There’s no time to waste to move the 60-to-90 days supply of cars and trucks off lots of the Rohrman Automotive Group’s 22 franchises. The CEO Ryan Rohrman figures once 25% import tariffs kick in on Thursday, it will be two or three weeks before higher-priced vehicles arrive.

The game plan for the Lafayette, Indiana-based dealer group? Sell as many pre-tariff cars as possible, says Rohrman, since he’s hearing that prices for vehicles subject to the tariffs will increase 5% to 10%.

“If the average car right now is just shy of $40,000, you’re looking at potentially up to, like a $3,500- to-$4,000 price increase,” Rohrman said in an interview. “With the margins that we have on cars that would be very hard to sell if I have a pre-tariff car on the lot that's the same. I can't have a pre-tariff car compete with the same exact car that's $4,000 more.”

Since dealers must pay steep insurance rates on every vehicle on their lots, there’s additional incentive to move them quickly, even if discounting shaves profit margins, Rohrman explained.

The result could be a bit of a gold-rush mentality among some consumers looking to score deals before pre-tariff inventories are sold out, giving first-quarter sales a late bump.

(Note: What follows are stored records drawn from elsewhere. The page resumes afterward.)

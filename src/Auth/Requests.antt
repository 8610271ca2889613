-- ===== src/Auth/Requests.antt =====
-- app/core/deps.py, and the endpoints login, refresh and logout of app/api/auth.py. `verify` is the
-- password check of app/core/security.py, which calls bcrypt. A read that finds no row is none; audit
-- rows keep their action and their user.
use agentic_rag_claude_code.Prelude.{
  ℕ, ◌*◌, Bool, not, Option, none, some, List, [], ◌∷◌, ◌++◌, Text, text_eq, is_empty, leb, ◌==◌,
  if◌then◌else◌, Result, ok, raise, ◌>>=◌, ◌>>◌, require, or_raise,
}
use agentic_rag_claude_code.Settings.{Settings}
use agentic_rag_claude_code.Access.Rbac.{User, is_admin}
use agentic_rag_claude_code.Auth.Tokens.{
  Claims, is_access, is_refresh, Jwt, create_access_token, create_refresh_token, KeyStore,
  revoke_jti, is_revoked, session_epoch, ttl_seconds,
}

pub data AuthError : Type 0 where
  could_not_validate admin_role_required invalid_credentials account_disabled : AuthError
  no_refresh_token invalid_refresh_token not_a_refresh_token refresh_token_revoked : AuthError

-- `not x` of a text that may be None
abbrev pub non_empty : Option Text → Option Text
non_empty none = none
non_empty (some t) = if is_empty t then none else some t

abbrev pub or_else : Option Text → Option Text → Option Text
or_else none b = b
or_else (some a) b = some a

-- db.get(User, user_id)
abbrev pub find_user : ℕ → List User → Option User
find_user i [] = none
find_user i (u ∷ us) = let rest = find_user i us in if u.id == i then some u else rest

-- select(User).where(User.email == email); emails are unique
abbrev pub user_of_email : Text → List User → Option User
user_of_email e [] = none
user_of_email e (u ∷ us) =
    let rest = user_of_email e us in if text_eq u.email e then some u else rest

module _ (keys : KeyStore) (jwt : Jwt) (users : List User) where
  -- The checks behind the decoding, which get_current_user and refresh make in the same order: the
  -- denylist (the exception `revoked`), the user (`invalid`), the session epoch (`old`).
  unfoldable pub live_user :
      AuthError → AuthError → AuthError → ℕ → Claims → keys.Store → Result AuthError (ℕ × User)
  live_user revoked invalid old now payload s = do
    jti ← or_raise payload.jti revoked
    require (not (is_revoked keys now jti s)) revoked
    user_id ← or_raise payload.sub invalid
    user ← or_raise (find_user user_id users) invalid
    require user.is_active invalid
    require (leb (session_epoch keys now user.id s) payload.iat) old
    ok (jti, user)

  unfoldable pub get_current_user : ℕ → Option Text → keys.Store → Result AuthError User
  unfolding live_user
  get_current_user now creds s = do
    token ← or_raise (non_empty creds) could_not_validate
    payload ← or_raise (jwt.decode now token) could_not_validate
    require (is_access payload.token_type) could_not_validate
    live ← live_user could_not_validate could_not_validate could_not_validate now payload s
    ok live.1

  unfoldable pub require_admin : ℕ → Option Text → keys.Store → Result AuthError User
  unfolding get_current_user
  require_admin now creds s = do
    user ← get_current_user now creds s
    require (is_admin user.role) admin_role_required
    ok user

pub data AuditAction : Type 0 where
  login_succeeded login_failed token_refresh logged_out : AuditAction

pub record Audit : Type 0 where
  pub action : AuditAction
  pub user_id : Option ℕ

pub record TokenResponse : Type 0 where
  pub access_token : Text
  pub refresh_token : Text
  pub expires_in : ℕ

-- The response and the cookie that it sets.
pub record Issued : Type 0 where
  pub response : TokenResponse
  pub cookie : Text

-- `fresh` and `fresh'` are the UUIDs of the two tokens.
unfoldable pub issue_pair : Jwt → Settings → ℕ → ℕ → ℕ → User → Issued
unfolding create_access_token create_refresh_token
issue_pair jwt s now fresh fresh' user =
    let a = create_access_token jwt s now fresh user.id user.role user.department_id in
    let r = create_refresh_token jwt s now fresh' user.id user.role user.department_id in
    record {
      response = record {
        access_token = a.token;
        refresh_token = r.token;
        expires_in = s.access_token_ttl_min * 60;
      };
      cookie = r.token;
    }

module _ (keys : KeyStore) where
  pub record Session : Type 0 where
    pub store : keys.Store
    pub audit : List Audit

  abbrev pub record_audit : AuditAction → Option ℕ → Session → Session
  record_audit action user_id w = record w {
    audit = w.audit ++ (record { action = action; user_id = user_id }) ∷ [];
  }

abbrev pub id_of : Option User → Option ℕ
id_of none = none
id_of (some u) = some u.id

module _ (keys : KeyStore) (jwt : Jwt) (s : Settings) (users : List User) where
  -- A failed login is recorded before the exception is raised.
  abbrev pub login_user :
      (Text → Text → Bool)
      → ℕ
      → ℕ
      → ℕ
      → Text
      → Session keys
      → Option User
      → Result AuthError Issued × Session keys
  login_user verify now fresh fresh' password w none =
      (raise invalid_credentials, record_audit keys login_failed none w)
  login_user verify now fresh fresh' password w (some u) =
      if not (verify password u.hashed_password)
      then (raise invalid_credentials, record_audit keys login_failed (some u.id) w)
      else if not u.is_active
      then (raise account_disabled, record_audit keys login_failed (some u.id) w)
      else (
        ok (issue_pair jwt s now fresh fresh' u),
        record_audit keys login_succeeded (some u.id) w,
      )

  unfoldable pub login :
      (Text → Text → Bool)
      → ℕ
      → ℕ
      → ℕ
      → Text
      → Text
      → Session keys
      → Result AuthError Issued × Session keys
  login verify now fresh fresh' email password w =
      login_user verify now fresh fresh' password w (user_of_email email users)

  -- A request that raises leaves the session as it was.
  unfoldable pub refresh_tokens :
      ℕ
      → ℕ
      → ℕ
      → Option Text
      → Option Text
      → Session keys
      → Result AuthError (Issued × Session keys)
  unfolding live_user
  refresh_tokens now fresh fresh' body cookie w = do
    presented ← or_raise (non_empty (or_else (non_empty body) cookie)) no_refresh_token
    payload ← or_raise (jwt.decode now presented) invalid_refresh_token
    require (is_refresh payload.token_type) not_a_refresh_token
    live ←
        live_user keys jwt users refresh_token_revoked invalid_refresh_token refresh_token_revoked
          now payload w.store
    ok (
      issue_pair jwt s now fresh fresh' live.1,
      record_audit keys token_refresh (some live.1.id)
          (record w { store = revoke_jti keys now live.0 (ttl_seconds now payload.exp) w.store }),
    )

  abbrev pub revoke_claims : ℕ → Claims → keys.Store → keys.Store
  revoke_claims now c store = elim c.jti [
    | none ↦ store
    | some j ↦ revoke_jti keys now j (ttl_seconds now c.exp) store
  ]

  -- The refresh token of the cookie is revoked too, unless it cannot be decoded.
  abbrev pub revoke_cookie : ℕ → Option Text → keys.Store → keys.Store
  revoke_cookie now none store = store
  revoke_cookie now (some t) store = elim (jwt.decode now t) [
    | none ↦ store
    | some c ↦ revoke_claims now c store
  ]

  unfoldable pub logout :
      ℕ → Option Text → Option Text → Session keys → Result AuthError (Session keys)
  unfolding get_current_user
  logout now creds cookie w = do
    user ← get_current_user keys jwt users now creds w.store
    token ← or_raise creds could_not_validate
    payload ← or_raise (jwt.decode now token) could_not_validate
    ok (
        record_audit keys logged_out (some user.id) (record w {
          store = revoke_cookie now (non_empty cookie) (revoke_claims now payload w.store);
        }))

Indeed, once President Trump announced on March 26 that he was going ahead with import tariffs, it helped push new-car retail sales up by nearly 30% month-over-month, according to a report released Tuesday by the car shopping site CarGurus.

But once tariffs go into effect, the affordability of new vehicles — which are already at historic highs — becomes even more challenging for many consumers.

“Only 13% of new cars today are priced under $30,000, down sharply from 37% just five years ago—and that share is expected to shrink even further once tariffs are in effect,” wrote CarGurus director of economic and market intelligence Kevin Roberts. “Shoppers hoping to lock in pre-tariff pricing on popular import models—many priced under $40,000—will face mounting pressure, especially with high-demand vehicles like the Toyota RAV4 and Honda Civic sitting at just about a one-month supply.”

Cox Automotive senior economist Charlie Chesbrough warns that the opportunity to find pre-tariff bargains won’t last long.

“I expect we’ll see relatively strong sales activity for a month or two, but prices will rise, and sales will slow noticeably before the end of Q2,” Chesbrough wrote in a report released Monday. “Dealers and OEMs will be pulling back on incentives immediately as the rush to sell existing inventory declines. The value of an unsold vehicle on a dealer’s lot is now worth X-percent more since its replacement cost will be much higher.”

The nature of the business is operating on thin profit margins. When the market was disrupted during the Covid pandemic it resulted in a consolidation of the overall dealer network due to closings or takeovers by large groups.

If sales and profits suffer because of a loss of sales and the need to discount as the effects of import tariffs take hold, the situation could repeat itself. It’s already starting.

“Right now, it is an accelerant for groups that were already on the fence for considering selling because they know that this is not something that’s going to go away tomorrow or next week or next month, because even aside from the tariffs, some of it is caused by the uncertainty with tariffs, but we still have, I would say, a questionable economic environment right now,” said Brian Gordon, president of the Dave Cantin Group, in an interview. His firm brokers dealership mergers and acquisitions,

A major challenge for dealers: When Trump states a policy then changes his mind or alters his course of action.

As Gordon points out, uncertainty stalls both businesses and consumers, creating an urgency to just know what’s actually going to happen.

“Just tell us what’s happening so we can make business decisions,” Gordon said. “Because President Trump--whether he’s using something as a negotiation tactic and then backing off, or whatever it may be, finding that definitive, okay, this is how it's going to be for some period of time has been really challenging, not just with tariffs, but with a number of different, you know, policies.”

One big business decision is whether or not to downsize staffing at dealerships should sales and profits sharply decline over the long-haul.

It’s something on the mind of Rohrman, thinking about his business’s 1,400 employees.

“If that happens where we have to resort back to layoffs because of tariffs or whatnot, it would, it would definitely be something that I would not jump to do,” he said. “We spend so much time in training and hiring our employees, it would just be a shame to see that as a side effect of it.”

Right now Rohrman would just like to know what the automakers plan to do in terms of pricing and production. He said so far all he’s received are emails from two manufacturers without much information.

“None of the brands that we sell have given us any direction at all in terms of, even if something does happen or it doesn’t what we should expect," he said.

Gordon says what dealers should expect is to roll with it and adjust. “Well, if these tariffs are here to stay, that just creates a new norm,” he said.